Figueroa’s wheelchair was damaged while traveling over the summer, and the replacement wheelchair provided did not properly support her needs. For people without mobility challenges, this might not seem like a big deal. Still, for Figueroa, who had particular physical support and mobility requirements, it was literally a matter of life and death.  

An ABC News article from July described how Figueroa’s $30,000 wheelchair was severely damaged in the cargo hold of a United Airlines flight. At the time, Figueroa said it took two months to replace the wheelchair. For Figueroa, the device allowed greater independence that was not provided by the loaner chair.  

The organization Hand in Hand explained Figueroa’s ordeal in a detailed blog post. Hand in Hand also launched a petition demanding United airlines end damage to wheelchairs and assistive devices.  

Read more from Hand in Hand below about the demand and what happened due to United’s carelessness. 

While Engracia did not ask for this fight against United, she felt she had a duty to bring awareness to this pervasive issue in the airline industry. On average, airlines damage or destroy 29 wheelchairs per day. As Engracia’s story shows, the consequences of this ableism and mistreatment are devastating.   

Engracia said in multiple interviews, “Mobility devices are an extension of our bodies. When they are damaged or destroyed, we become re-disabled. Until the airlines learn how to treat our devices with the care and respect they deserve, flying remains inaccessible.”  
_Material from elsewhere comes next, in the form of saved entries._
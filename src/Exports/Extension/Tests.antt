-- ===== src/Exports/Extension/Tests.antt =====
-- A host that refuses the secret, and the registration of the extension at it.
use duckdb_superhuman_docs.Base.{
  ℕ, ◌≡◌, refl, ◌+◌, Text, [], Bool, true, false, Option, none, some, Error, codes, host_message,
  missing_pointer,
}
use duckdb_superhuman_docs.Memory.{
  Heap, allocate, deallocate, vec_from_raw_parts, slice_from_raw_parts,
}
use duckdb_superhuman_docs.Memory.Utf8.{utf8_length, utf8_prefix, whole_chars}
use duckdb_superhuman_docs.Memory.Strings.{
  FfiString, empty_string, alloc_string, as_str, str_from_raw, free,
}
use duckdb_superhuman_docs.Ffi.Blocks.{Block, contents}
use duckdb_superhuman_docs.Exports.{Returns, ffi_bool, set_error, reported}
use duckdb_superhuman_docs.Exports.Extension.{
  DuckDbHost, Callback, host_callback_result, rust_ext_extension_load,
}

abbrev Bare : Type 0
Bare = Block ℕ (Unit {0})

abbrev display : Error → Text
display (host_message text) = text
display (missing_pointer name) = codes "missing"
display e = []

abbrev empty : Heap Bare
empty = record { next = 1; cell = λ x. none }

-- Whether a call of the host succeeds; a message is left where it does not.
abbrev answers : Bool → Callback Bare ℕ
answers true h calls = ((true, empty_string), h, calls + 1)
answers false h calls =
    let (text, h') = alloc_string contents (codes "no") h in ((false, text), h', calls + 1)

abbrev host : Bool → Bool → Bool → DuckDbHost Bare ℕ
host a b c = record {
  set_description = λ text. answers a;
  register_secret = λ r. answers b;
  register_storage_extension = λ name. answers c;
}

abbrev seen_error : Option FfiString → Heap Bare → Option Text
seen_error none h = none
seen_error (some message) h = as_str contents message h

-- The success of a registration, its message, and the number of the calls of the host.
abbrev summary : Returns Bare ℕ (Unit {0}) → Option (Bool × Option Text × ℕ)
summary none = none
summary (some (answer, h, calls)) = some (answer.success, seen_error answer.error h, calls)

load : Option (DuckDbHost Bare ℕ) → Option (Bool × Option Text × ℕ)
load host' = summary (rust_ext_extension_load display host' (some empty_string) empty 0)

loading : Unit {0}
unfolding load rust_ext_extension_load ffi_bool set_error reported host_callback_result alloc_string
    as_str str_from_raw free utf8_length utf8_prefix whole_chars allocate deallocate
    vec_from_raw_parts slice_from_raw_parts
loading = tt

registers : load (some (host true true true)) ≡ some (true, some [], 3)
unfolding loading
registers = refl

-- The calls end with the one that is refused.
refuses :
    load (some (host true false true))
    ≡ some (false, some (codes "failed to load Superhuman Docs extension: no"), 2)
unfolding loading
refuses = refl

without_host :
    load none ≡ some (false, some (codes "failed to load Superhuman Docs extension: missing"), 0)
unfolding loading
without_host = refl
Ultimately, United Airlines agreed to fully replace Engracia’s chair valued at $30,000. However, the months in which they fought against the replacement took a toll on her body.  

While fighting with United to replace her chair, Engracia was forced to use a loaner chair that was not properly fitted to Engracia’s body.  This further exacerbated her pressure sore and caused muscle spasms, severe edema, and an inability to eat, as well as two additional hospitalizations.  The sore became infected and the infection eventually reached her hip bone, requiring emergency surgery to remove the infected bone and tissue.  Engracia passed away in the morning on Sunday, October 31st, 2021.